Clues to repairing human brain foundDecember 19th, 2008 - 12:45 pm ICT by IANS
Toronto, Dec 19 (IANS) New Canadian research holds out hope for repairing and rejuvenating the human brain.Researchers at Vancouver-based University of British Columbia have found the reasons why the brain loses its capacity to repair itself.
They have identified a protein which represses another protein responsible for the growth of neurons or nerve cells which are the livewire of the brain. These neurons are interconnected - through a mechanism called neural elasticity - to transmit information through the brain and spinal cord.
Led by Ana Mingorance-Le Meur and Timothy O’Connor, the researchers have found that the protein calpain suppresses the protein cortactin, blocking the sprouting of new neurons or nerve cells through neural plasticity.
They said while growing neurons are relatively plastic and can sprout new connections, their plasticity levels drop as they mature and become integrated into neuron networks.

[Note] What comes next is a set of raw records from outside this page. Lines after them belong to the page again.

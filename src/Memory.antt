-- ===== src/Memory.antt =====
-- src/memory.rs: the local store, its limits and the outcomes of an admission. `Memory/Retention` is
-- the store with limits; `Memory/Origins` the revisions that fence factories off.
pub mod Origins
pub mod Eviction
pub mod Retention
pub mod Store
mod Tests
use amalgam.Prelude.{ℕ, Bool, true, false, Option, none, some, ◌&&◌, leb}
use amalgam.Prelude.Text.{Text}
use amalgam.Entry.Envelope.{Entry}

pub record MemoryLimits : Type 0 where
  pub entries : Option ℕ
  pub weight : Option ℕ

-- `is_none_or(|limit| n <= limit)`
abbrev pub within : Option ℕ → ℕ → Bool
within none n = true
within (some limit) n = leb n limit

abbrev pub fits : MemoryLimits → ℕ → ℕ → Bool
fits l entries weight = within l.entries entries && within l.weight weight

pub data MemoryExpiry : Type 0 where
  clock_driven real_time : MemoryExpiry

pub data CapacityRejection : Type 0 where
  oversized protected_capacity physically_expired version_changed : CapacityRejection
  generation_exhausted : CapacityRejection

pub data MemoryAdmission : Type 0 where
  admitted replaced : MemoryAdmission
  rejected : CapacityRejection → MemoryAdmission

pub data MemoryWriteEvent : Type 0 where
  set expire : MemoryWriteEvent

pub data CaptureAdmission : Type 0 where
  armed unarmed : CaptureAdmission

-- `replacement` and `expiry` are `Replaced` and `Expired`.
pub data RetirementReason : Type 0 where
  explicit replacement expiry capacity eligibility continuity metadata : RetirementReason

-- A shared handle: which representation it is, and the entry. Two handles are the same instance if
-- the identities agree.
pub record Handle {ℓ} (V : Type ℓ) : Type ℓ where
  pub instance_id : ℕ
  pub entry : Entry V

pub record Retirement {ℓ} (V : Type ℓ) : Type ℓ where
  pub key : Text
  pub handle : Handle V
  pub reason : RetirementReason
  pub capture : CaptureAdmission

Though this mechanism is used by the brain to regulate these networks from uncontrolled growth, its negative consequence is that the central nervous system is unable to reorganise itself to react quickly to injury or disease.
“This discovery is exciting because we now know that neurons have not lost their capacity to re-grow connections, but instead are under constant repression by the protein calpain,” a university release quoted Ana Mingorance-Le Meur as saying. The study has been published in the European Molecular Biology Organisation (EMBO) Journal.
“If we can target therapies that block this mechanism, then neurons should be able to sprout new connections, therefore stimulating the brain’s ability to repair its wiring network.”
In their experiments on animal models, the researchers reduced calpain activity to unlock the sprouting potential of neurons. They found that when calpain activity is reduced, neural plasticity is enhanced.
“The maintenance of neuronal connections is an active process that requires constant repression of the formation of nerve sprouts by the protein calpain to avoid uncontrolled growth,” said Mingorance-Le Meur.
“But a consequence of this role is that calpain limits neural plasticity and the brain’s ability to repair itself. The next step is to find a way to enhance neural plasticity without interfering with the good connections that are already in place,” she added.
According to her, drugs that could promote neural plasticity could potentially treat a wide range of neurological disorders, as well as boost the effects of other treatments under investigation.